Thinking about all kinds of stuff, doing all kinds of work around the house, doing all kinds of errands. Basically living the dream mang. I'm like, attractive, healthy, honest, emotionally stable and completely at peace with who I am as a human being. Like, WTF! It's amazing how I think back on all the people who have left my life in the last few years and there's like, no bitterness or anger in me over that, I'd accept all of them back with open arms and a new sort of fresh face on who I am. I really think they'd like me, and I only wish I'd allowed myself to BE me before. In a pretty great mood, looking forward is much better than dwelling on the past.
» Satori
Probably going to start posting here more often again, kindof like that I can't find any of my old emo posts/info from before I became a massive alkie and stopped being able to handle the trauma I had been put through since the age of 12 or so. You know how in dikuMUDs you could break the game by topping a spec out over 255 and wrapping it around? Well I sort of think of that as enlightenment, and I think my insanity/drugginess finally did that. I'm much calmer now, a much faster thinker, colors look brighter and I can barely remember my trauma. I mean, I remember it clearly but it seems so emotionally distant that it might as well be a boring movie I'm half paying attention to.
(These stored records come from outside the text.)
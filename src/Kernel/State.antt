-- ===== src/Kernel/State.antt =====
-- The state that the kernel's parts share: the tasks of source/kernel/task_types/task_types.h, and
-- the cores of source/kernel/scheduler/scheduler.c. A task control block, a list item and a list
-- are known by their addresses.
use rpitos.Prelude.{ℕ, ◌+◌, ◌*◌, ◌%◌, ◌^◌, Bool, true, false, Option, List, update}
use rpitos.Kernel.Links.{Links}

pub data TaskState : Type 0 where
  ready running blocked suspended deleted : TaskState

pub data WakeupReason : Type 0 where
  no_reason resource_acquired : WakeupReason

abbrev pub is_blocked : TaskState → Bool
is_blocked blocked = true
is_blocked _ = false

abbrev pub is_running : TaskState → Bool
is_running running = true
is_running _ = false

-- READY or RUNNING.
abbrev pub in_ready : TaskState → Bool
in_ready ready = true
in_ready running = true
in_ready _ = false

abbrev pub num_task_priorities : ℕ
num_task_priorities = 6

abbrev pub task_priority_idle : ℕ
task_priority_idle = 0

abbrev pub max_num_tasks : ℕ
max_num_tasks = 16

abbrev pub max_cores : ℕ
max_cores = 4

abbrev pub task_watermark : ℕ
task_watermark = 0x5A

-- `struct TaskControlBlock` less its two list items, which `Links` holds. `stack` is the words
-- from `stack_base` on; `current_sp` and `stack_high` count words from there.
pub record Tcb : Type 0 where
  pub current_sp : ℕ
  pub stack_high : ℕ
  pub stack : Option (List ℕ)
  pub stack_depth : ℕ
  pub task_id : ℕ
  pub core_id : ℕ
  pub current_state : TaskState
  pub priority : ℕ
  pub wakeup_time : ℕ
  pub wakeup_reason : WakeupReason
  pub base_priority : ℕ
  pub mutexes_held : ℕ

-- A core's timing: the cells behind `s_clk_freq` and `s_tick_count`, `hz`, and the timer's
-- compare register.
pub record Clock : Type 0 where
  pub clk_freq : ℕ
  pub hz : ℕ
  pub tick_count : ℕ
  pub cntp_cval : ℕ

-- `current` is `p_task_control_block`.
pub record Kernel : Type 0 where
  pub links : Links
  pub tcb : ℕ → Tcb
  pub current : ℕ → Option ℕ
  pub clock : ℕ → Clock

-- Where the lists lie: seven for each core, then those of the mutexes and semaphores.
abbrev pub ready_list : ℕ → ℕ → ℕ
ready_list core priority = core * 7 + priority

abbrev pub blocked_task_list : ℕ → ℕ
blocked_task_list core = core * 7 + 6

abbrev pub event_list : ℕ → ℕ
event_list k = 28 + k

-- Where the task control blocks lie: a pool of sixteen and the idle task for each core.
abbrev pub pool_tcb : ℕ → ℕ → ℕ
pool_tcb core n = core * 17 + n

abbrev pub idle_tcb : ℕ → ℕ
idle_tcb core = core * 17 + 16

abbrev pub set_links : Links → Kernel → Kernel
set_links m k = record k { links = m }

abbrev pub set_tcb : ℕ → Tcb → Kernel → Kernel
set_tcb t v k = record k { tcb = update k.tcb t v }

abbrev pub set_state : ℕ → TaskState → Kernel → Kernel
set_state t s k = set_tcb t (record (k.tcb t) { current_state = s }) k

-- A 64-bit sum.
abbrev pub add64 : ℕ → ℕ → ℕ
add64 a b = (a + b) % 2 ^ 64
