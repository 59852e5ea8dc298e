-- ===== src/Kernel/Scheduler/Ready.antt =====
-- The ready lists of source/kernel/scheduler/scheduler.c.
pub mod Valid
pub mod Priority
use rpitos.Prelude.{ℕ, Bool, false, ◌||◌, Option, none, some, leb, ◌==◌, if◌then◌else◌}
use rpitos.Status.{Status, e_ok, e_invalid_args}
use rpitos.Kernel.Links.{in_list, state_item, unlink_ready, push_back_ready}
use rpitos.Kernel.State.{
  ready, in_ready, num_task_priorities, max_cores, Tcb, Kernel, ready_list, set_links, set_tcb,
  set_state,
}

-- `(*tcb)->priority >= NUM_TASK_PRIORITIES || (*tcb)->core_id >= COMPANION_CORE_MAX_CORES`
abbrev pub out_of_range : Tcb → Bool
out_of_range t = leb num_task_priorities t.priority || leb max_cores t.core_id

abbrev pub own_ready_list : Tcb → ℕ
own_ready_list t = ready_list t.core_id t.priority

unfoldable pub enqueue : ℕ → Kernel → Kernel
enqueue t k =
    set_state t ready
      (set_links (push_back_ready (state_item t) t (own_ready_list (k.tcb t)) k.links) k)

unfoldable pub add_to_ready_list : Option ℕ → Kernel → Status × Kernel
unfolding enqueue
add_to_ready_list none k = (e_invalid_args, k)
add_to_ready_list (some t) k =
    if out_of_range (k.tcb t) then (e_invalid_args, k) else (e_ok, enqueue t k)

unfoldable pub remove_from_ready_list : Option ℕ → Kernel → Status × Kernel
remove_from_ready_list none k = (e_invalid_args, k)
remove_from_ready_list (some t) k =
    let i = state_item t in
    let l = own_ready_list (k.tcb t) in
    if out_of_range (k.tcb t)
    then (e_invalid_args, k)
    else if in_list (k.links.item i).container l
    then (e_ok, set_links (unlink_ready i l k.links) k)
    else (e_invalid_args, k)

-- The task leaves its ready list, if it is in one.
abbrev pub leave_list : ℕ → Kernel → Kernel
leave_list t k = elim ((k.links.item (state_item t)).container) [
  | none ↦ k
  | some l ↦ set_links (unlink_ready (state_item t) l k.links) k
]

abbrev pub set_priority : ℕ → ℕ → Kernel → Kernel
set_priority t p k = set_tcb t (record (k.tcb t) { priority = p }) k

unfoldable pub change_task_priority : ℕ → ℕ → Kernel → Kernel
unfolding add_to_ready_list
change_task_priority t p k =
    let saved_state = (k.tcb t).current_state in
    if in_ready saved_state
    then set_state t saved_state (add_to_ready_list (some t) (set_priority t p (leave_list t k))).1
    else set_priority t p k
The sort of sad thing is that, as these changes are overcoming my psyche, people who aren't here either talking to me via internet or phone or whatever or actually physically here in my life well, they're fading in my memory to basically 2 dimensional clinical cutouts of people, like my memory of Britt became 10 years or so after she died. It's really sort of heartbreaking to be that cut off from people who I look at their old posts on my LJ and think "Gosh, I used to feel a close emotional bond with that person." It's amazing what depth of feeling my madness ignored and passed up, but I'm fully present in life NOW and I sort of feel like taking the time to go back and revisit those relationships isn't worth it. That's not to say I'm not open to it, but several (read many) people have completely excised the demonic Eric from their lives and despite me saying "hey guys, I'm better now" they want nothing to do with me. It will be very sad when I run into them a year from now or whatever and it dawns on them that I'm not bullshitting this time. Yay for Livejournal: where nobody reads your posts!